The next couple of days were back to my “normal” headache level and I had begun taking the Topamax (25mg at bedtime each day).  With my headache level back down to “I can still think like a fairly rational person through this pain” level I began to research Topamax and began to think about why he’d just really handed this medicine to me without even attempting to discover the source of my headaches.  Why had they come on all the sudden?  Why was I having them the second I woke up in the morning?  Why were they every single day when before I hadn’t had them?  And was the answer really to put me on a long term maintenance med that’s not all that friendly to the body when we weren’t even sure what the cause was?

And then it hit me like a smack upside the head – I clench my jaw.  I do it during the day and I know I do it at night.  I cracked a molar doing it a few years ago and my dental hygienist asked me one other time if I woke up with sore jaws or anything because my teeth looked like they were being clenched.  At the time I told her I wasn’t really noticing it (and I wasn’t).  But now I sure as heck am.

I’d been so focused on my head hurting that I didn’t pay attention to the fact that may checks hurt, my jaw hurt, my teeth hurt and it was all connected!

I stopped taking the Topamax (I was on the minimum dose – I hadn’t made it to week 2 to increase it yet so I didn’t need to wean back off of it, thank goodness – even on the lowest dose I’d started seeing the side effects and didn’t like them!) and I’ve been focusing on my jaw.  The last few days I’ve been consciously relaxing it during the day.  I catch myself many, many time throughout the day with it clenched and I’ve been constantly checking myself and relaxing it.  I obviously can’t do that at night because I’m asleep!

I tried getting a sleep guard from the drug store as a quick fix, but my mouth is small and I have an extremely strong gag reflex and both of the two kinds I tried made me gag within seconds of having it in (I’m one of those people that can’t even get x-rays done at the dentist each year without gagging).  I have a call in to my dentist to see what he recommends.  I know the guards are good for grinders – but I don’t think I’m grinding, I’m almost positive it’s just clenching and I’m not sure a guard will stop that anyway – after all, I can still clench the guard.  After all, the guard doesn’t stop grinders – they still grind – it just protects their teeth by grinding down the guard instead of their teeth.

I did take a muscle relaxer the last two nights before bed (left over from a back spasm on Mother’s Day last year…used one or two of them at the time and kept the bottle around in case it ever came back because dang that hurt!) and when I woke up I noticed a BIG difference.  My jaw and cheeks are still sore and tired – but it’s a “worked out a few days ago” sore and tired rather than a “just clenched all night long” sore and tired!

And yesterday, for the first time in two months – NO HEADACHE!

I can’t help but wonder if this is something that should have come out in one of my consults with a doctor – bloodwork, MRI, prescriptions for acute migraine med and long term maintenance med – and all it took was releasing my jaw muscle.

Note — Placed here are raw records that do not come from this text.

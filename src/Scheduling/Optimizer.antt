-- ===== src/Scheduling/Optimizer.antt =====
-- scheduling/ortools_optimizer.py: the second stage, an integer program over the passes that fit
-- into the free slots. CP-SAT (package ortools) is not part of the repository: its solver is a
-- parameter, a function from the program to the values of the Boolean variables, where `none` is a
-- status other than OPTIMAL and FEASIBLE.
pub mod Fits
pub mod Groups
pub mod Candidates
pub mod Guards
pub mod Solved
use text.Mathlib.Text.{◌==◌ as str_eq}
use sda_system.Prelude.{
  ℕ, zero, suc, ◌+◌, ◌-◌, ◌*◌, ◌/◌, max, Bool, true, false, not, ◌&&◌, ◌||◌, Option, none, some,
  List, [], ◌∷◌, ◌++◌, map, String, ltb, leb, ◌==◌, length, get_or, elem, select, if◌then◌else◌,
}
use sda_system.Prelude.Sorting.{sorted}
use sda_system.Prelude.Bisect.{bisect_right}
use sda_system.Models.{Stage, SatellitePass}
use sda_system.Scheduling.Intervals.{Interval}
use sda_system.Scheduling.Weighted.{benefit}
use sda_system.Scheduling.Slots.{by_start}
use sda_system.Scheduling.Stations.{mark, commit}

-- Microseconds in a second.
abbrev pub second : ℕ
second = 1_000_000

-- `_to_utc_seconds`, where `none` is the ValueError. `int` rounds towards zero, so that a time
-- less than a second before the epoch is no error.
abbrev pub to_utc_seconds : ℕ → ℕ → Option ℕ
to_utc_seconds dt epoch =
    if leb epoch dt
    then some ((dt - epoch) / second)
    else if (epoch - dt) / second == 0
    then some 0
    else none

slot_at : ℕ → ℕ → List Interval → ℕ → Bool
slot_at rise end slots zero = false
slot_at rise end slots (suc pos) = leb end (get_or slots pos (record { start = 0; stop = 0 })).stop

-- `_fits_in_any_slot`: the slot at `pos - 1`, if there is one.
unfoldable pub fits_in_any_slot : ℕ → ℕ → List Interval → Bool
unfolding slot_at bisect_right
fits_in_any_slot rise end sorted_slots =
    slot_at rise end sorted_slots (bisect_right (map (λ (s : Interval). s.start) sorted_slots) rise)

-- The query of `_get_candidate_passes`; the last filter is left out while the set is empty.
unfoldable pub is_remaining : List ℕ → ℕ → ℕ → SatellitePass → Bool
is_remaining scheduled_satellites start_time end_time p =
    not p.is_scheduled
    && leb start_time p.rise_time
    && leb p.set_time end_time
    && not (elem p.norad_id scheduled_satellites)

-- `station_slots.get(station_id, [])`, the slots of the station in the order of their starts.
unfoldable pub slots_of : String → List (String × List Interval) → List Interval
slots_of station_id [] = []
slots_of station_id ((sid, slots) ∷ rest) =
    let others = slots_of station_id rest in
    if str_eq sid station_id then sorted by_start slots else others

-- `_get_candidate_passes`; `row_order` is the ORDER BY of the query.
unfoldable pub get_candidate_passes :
    (row_order : SatellitePass → SatellitePass → Bool)
    → List SatellitePass
    → List ℕ
    → ℕ
    → ℕ
    → List (String × List Interval)
    → List SatellitePass
get_candidate_passes row_order db scheduled_satellites start_time end_time [] = []
get_candidate_passes row_order db scheduled_satellites start_time end_time (s ∷ ss) =
    select (λ p. fits_in_any_slot p.rise_time p.set_time (slots_of p.station_id (s ∷ ss)))
      (sorted row_order (select (is_remaining scheduled_satellites start_time end_time) db))

-- A pass kept for the program, in whole seconds since the epoch.
pub record Timed : Type 0 where
  pub pass : SatellitePass
  pub start : ℕ
  pub stop : ℕ
  pub benefit : ℕ

-- `_BENEFIT_SCALE`
abbrev pub benefit_scale : ℕ
benefit_scale = 100

-- `int(max_elevation * duration_seconds * _BENEFIT_SCALE)`, from the units of the two factors.
abbrev pub scaled_benefit : SatellitePass → ℕ
scaled_benefit p = benefit p * benefit_scale / (second * second)

timed_at : SatellitePass → Option ℕ → Option ℕ → Option Timed
timed_at p (some s) (some e) =
    if leb e s
    then none
    else some (record { pass = p; start = s; stop = e; benefit = scaled_benefit p })
timed_at p o none = none
timed_at p none (some e) = none

keep_timed : Option Timed → List Timed → List Timed
keep_timed none rest = rest
keep_timed (some v) rest = v ∷ rest

-- Step 1 of `_solve`: the passes whose `keep` is true.
unfoldable pub valid_passes : ℕ → List SatellitePass → List Timed
unfolding timed_at keep_timed
valid_passes epoch [] = []
valid_passes epoch (p ∷ ps) =
    keep_timed (timed_at p (to_utc_seconds p.rise_time epoch) (to_utc_seconds p.set_time epoch))
      (valid_passes epoch ps)

-- `groups.setdefault(key, []).append(i)`
module _ {ℓ} {K : Type ℓ} (same : K → K → Bool) where
  unfoldable pub group_add : K → ℕ → List (K × List ℕ) → List (K × List ℕ)
  group_add key i [] = (key, i ∷ []) ∷ []
  group_add key i ((k, is) ∷ rest) =
      let later = group_add key i rest in
      if same k key then (k, is ++ i ∷ []) ∷ rest else (k, is) ∷ later

  -- `for i, … in enumerate(…)`
  unfoldable pub group_keys : ℕ → List K → List (K × List ℕ) → List (K × List ℕ)
  group_keys i [] groups = groups
  group_keys i (key ∷ keys) groups = group_keys (i + 1) keys (group_add key i groups)

-- What steps 2 to 5 hand to the solver: a Boolean and an optional interval for each pass, the
-- groups of AddNoOverlap and of AddAtMostOne, and the objective, whose terms are worth their
-- coefficient when one of their variables is true (a satellite's variable is the maximum of those
-- of its passes).
pub record Program : Type 0 where
  pub variables : List Timed
  pub no_overlap : List (List ℕ)
  pub at_most_one : List (List ℕ)
  pub objective : List (List ℕ × ℕ)

abbrev pub station_groups : List Timed → List (List ℕ)
station_groups ts =
    map (λ (g : String × List ℕ). g.1)
      (group_keys str_eq 0 (map (λ (t : Timed). t.pass.station_id) ts) [])

abbrev pub sat_groups : List Timed → List (List ℕ)
sat_groups ts =
    map (λ (g : ℕ × List ℕ). g.1) (group_keys ◌==◌ 0 (map (λ (t : Timed). t.pass.norad_id) ts) [])

-- `len(local_indices) > 1`
abbrev pub has_several : List ℕ → Bool
has_several is = ltb 1 (length is)

max_benefit : List Timed → ℕ
max_benefit [] = 0
max_benefit (t ∷ ts) = max t.benefit (max_benefit ts)

pass_terms : ℕ → List Timed → List (List ℕ × ℕ)
pass_terms i [] = []
pass_terms i (t ∷ ts) = (i ∷ [], t.benefit) ∷ pass_terms (i + 1) ts

unfoldable pub build_program : List Timed → Program
unfolding max_benefit pass_terms
build_program ts = record {
  variables = ts;
  no_overlap = select has_several (station_groups ts);
  at_most_one = select has_several (sat_groups ts);
  objective = map (λ g. (g, max_benefit ts + 1)) (sat_groups ts) ++ pass_terms 0 ts;
}

-- Step 7, with its two guards; `committed_norads` are the satellites committed before.
unfoldable pub extract : (already committed_norads : List ℕ) → List Timed → List Bool → List Timed
extract already committed_norads [] values = []
extract already committed_norads (t ∷ ts) [] = []
extract already committed_norads (t ∷ ts) (false ∷ values) =
    extract already committed_norads ts values
extract already committed_norads (t ∷ ts) (true ∷ values) =
    elim (elem t.pass.norad_id already || elem t.pass.norad_id committed_norads) [
      | true ↦ extract already committed_norads ts values
      | false ↦ t ∷ extract already (t.pass.norad_id ∷ committed_norads) ts values
    ]

-- The passes returned, and the table left.
pub record Plan : Type 0 where
  pub newly_scheduled : List SatellitePass
  pub table : List SatellitePass

abbrev pub plan_of : List SatellitePass → List SatellitePass → Plan
plan_of db picked = record {
  newly_scheduled = map (mark Stage.ortools) picked;
  table = commit Stage.ortools picked db;
}

commit_values : List SatellitePass → List ℕ → List Timed → Option (List Bool) → Plan
commit_values db already ts none = record { newly_scheduled = []; table = db }
commit_values db already ts (some values) =
    plan_of db (map (λ (t : Timed). t.pass) (extract already [] ts values))

solve_program : (Program → Option (List Bool)) → List SatellitePass → List ℕ → List Timed → Plan
unfolding commit_values
solve_program solver db already [] = record { newly_scheduled = []; table = db }
solve_program solver db already (t ∷ ts) =
    commit_values db already (t ∷ ts) (solver (build_program (t ∷ ts)))

-- ORToolsOptimizer.optimize_remaining and `_solve`.
unfoldable pub optimize_remaining :
    (solver : Program → Option (List Bool)) (row_order : SatellitePass → SatellitePass → Bool)
    → List SatellitePass
    → List ℕ
    → ℕ
    → ℕ
    → List (String × List Interval)
    → Plan
unfolding solve_program
optimize_remaining solver row_order db scheduled_satellites start_time end_time free_slots =
    solve_program solver db scheduled_satellites (
      valid_passes start_time
        (get_candidate_passes row_order db scheduled_satellites start_time end_time free_slots))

And I’m actually someone that tends to focus on the “why” instead of the “fix it” of my health concerns, but when I was in that much pain at that moment I just wanted it to stop and I wasn’t thinking clearly.

I spent a year and a half taking meds for RA when I don’t have RA – I have Sjogren’s.  Had that rheumatologist asked me “do you have dry eyes or dry mouth?” we could have put the pieces together far earlier than we did, saved thousands of dollars for the insurance company, and spared me taking many meds that weren’t good for me (and two of which I was allergic to).

Again, had a doctor asked me about my teeth and clenching my jaw we could’ve saved all the testing and meds and gotten to the source of of the problem much quicker.

I understand doctors are humans.  I get that they miss things or don’t think to ask every possible question every time someone comes into their office.  But asking a simple question to screen for the second most common autoimmune disease or asking about other possible causes of headaches (especially when you hear that they are waking up with them so what could be happening during the night to cause or continue them) seem like reasonable things to expect.  Yes, I probably should have thought to mention that my jaw was aching along with my headache, but you know what – I was at a level 7 pain at the time…pain makes you not think so clearly.  I would’ve answered the question honestly had it been asked but I wasn’t “with it” enough to know to volunteer that information on my own – I was in triage mode – tell them what hurts the worst right now.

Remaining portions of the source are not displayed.